Business tax break added to Senate housing bill
WASHINGTON (Reuters) - The U.S. Senate on Friday added another business tax break to legislation billed originally as a rescue plan for struggling homeowners.
Lawmakers voted 76-2 to let money-losing corporations accelerate their use of certain accumulated tax credits to make new business investments.
Sen.
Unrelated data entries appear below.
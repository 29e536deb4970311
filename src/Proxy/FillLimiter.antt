-- ===== src/Proxy/FillLimiter.antt =====
-- internal/api/v1/proxy_fill_limiter.go: the cap on upstream fills. The channel of slots is the number of
-- tokens in it; a cap of 0 is the nil channel.
use aniraku_backend.Base.{
  if◌then◌else◌, Text, text_eq, trim_space, atoi, ℕ, ◌+◌, ◌-◌, ◌≤◌, ◌<◌, ◌≡◌, refl, ◌∙◌, ◌⊎◌, inl,
  inr, none, some, [], arith,
}

abbrev pub limiter_default_cap : ℕ
limiter_default_cap = 512

unfoldable pub parse_fill_cap : Text → ℕ
unfolding atoi
parse_fill_cap raw =
    let raw = trim_space raw in
    if text_eq raw [] then limiter_default_cap else elim (atoi raw) [
      | none ↦ limiter_default_cap
      | some (negative, n) ↦ if negative then 0 else n
    ]

-- The tokens in the channel, the requests that run a fill, and those that wait in the second `select`.
pub record FillLimiter : Type 0 where
  pub cap : ℕ
  pub slots : ℕ
  pub running : ℕ
  pub waiting : ℕ

unfoldable pub new_fill_limiter : Text → FillLimiter
unfolding parse_fill_cap
new_fill_limiter env = record { cap = parse_fill_cap env; slots = 0; running = 0; waiting = 0 }

-- One event at the limiter.
pub data Step (f : FillLimiter) : FillLimiter → Type 0 where
  -- `acquire` on the nil channel, and the end of such a fill.
  unlimited : f.cap ≡ 0 → Step f (record f { running = f.running + 1 })
  unlimited_ends : f.cap ≡ 0 → 0 < f.running → Step f (record f { running = f.running - 1 })
  -- The first `select`: a slot is free, or the request goes on to the second.
  enters :
      0 < f.cap
      → f.slots < f.cap
      → Step f (record f { slots = f.slots + 1; running = f.running + 1 })
  queues : 0 < f.cap → f.slots ≡ f.cap → Step f (record f { waiting = f.waiting + 1 })
  -- The second `select`: a slot is free, or the hold or the client's context ends.
  takes :
      0 < f.cap
      → 0 < f.waiting
      → f.slots < f.cap
      → Step f (record f { slots = f.slots + 1; running = f.running + 1; waiting = f.waiting - 1 })
  sheds : 0 < f.cap → 0 < f.waiting → Step f (record f { waiting = f.waiting - 1 })
  -- The deferred `released()`.
  releases :
      0 < f.cap
      → 0 < f.running
      → 0 < f.slots
      → Step f (record f { slots = f.slots - 1; running = f.running - 1 })

pub data Reachable (f : FillLimiter) : FillLimiter → Type 0 where
  start : Reachable f f
  next : (g h : FillLimiter) → Reachable f g → Step g h → Reachable f h

-- Between events: each running fill holds a slot, and no more than the cap.
pub record IsValid (f : FillLimiter) : Type 0 where
  pub held : (f.cap ≡ 0) ⊎ (f.running ≡ f.slots)
  pub bounded : f.slots ≤ f.cap

Step-IsValid : (f g : FillLimiter) → Step f g → IsValid f → (g.cap ≡ f.cap) × IsValid g
Step-IsValid f _ (unlimited off) v = (refl, record { held = inl off; bounded = v.bounded })
Step-IsValid f _ (unlimited_ends off some_run) v =
    (refl, record { held = inl off; bounded = v.bounded })
Step-IsValid f _ (enters on free) v =
    (refl, record { held = ground (arith, v.held); bounded = omega arith })
Step-IsValid f _ (queues on full) v = (refl, record { held = v.held; bounded = v.bounded })
Step-IsValid f _ (takes on some_wait free) v =
    (refl, record { held = ground (arith, v.held); bounded = omega arith })
Step-IsValid f _ (sheds on some_wait) v = (refl, record { held = v.held; bounded = v.bounded })
Step-IsValid f _ (releases on some_run taken) v =
    (refl, record { held = ground (arith, v.held); bounded = omega (arith, v.bounded) })

Reachable-IsValid : (f g : FillLimiter) → Reachable f g → IsValid f → (g.cap ≡ f.cap) × IsValid g
Reachable-IsValid f _ start v = (refl, v)
Reachable-IsValid f h (next g _ r s) v =
    let (same_cap, sound) = Reachable-IsValid f g r v in
    let (kept, sound') = Step-IsValid g h s sound in (kept ∙ same_cap, sound')

fresh-IsValid : (env : Text) → IsValid (new_fill_limiter env)
unfolding new_fill_limiter
fresh-IsValid env = record { held = inr refl; bounded = omega arith }

-- However requests come, wait, give up and end, a limiter that is on never runs more upstream fills
-- than its cap.
pub running-le :
    (env : Text) (f : FillLimiter)
    → Reachable (new_fill_limiter env) f
    → 0 < parse_fill_cap env
    → f.running ≤ parse_fill_cap env
unfolding new_fill_limiter
running-le env f r on =
    let (same_cap, sound) = Reachable-IsValid (new_fill_limiter env) f r (fresh-IsValid env) in
    ground (arith, same_cap, sound.held, sound.bounded, on)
George Voinovich, a sponsor of the amendment, said it would help companies that are in the red and cannot take advantage of another business tax break approved by Congress earlier this year involving accelerated bonus depreciation.
Giving money-losing companies a tax break will help them create more jobs and that, the Ohio Republican said in a statement, will help people pay their mortgages.
"Without a job and financial security it is extremely difficult to keep paying your mortgage," Voinovich said.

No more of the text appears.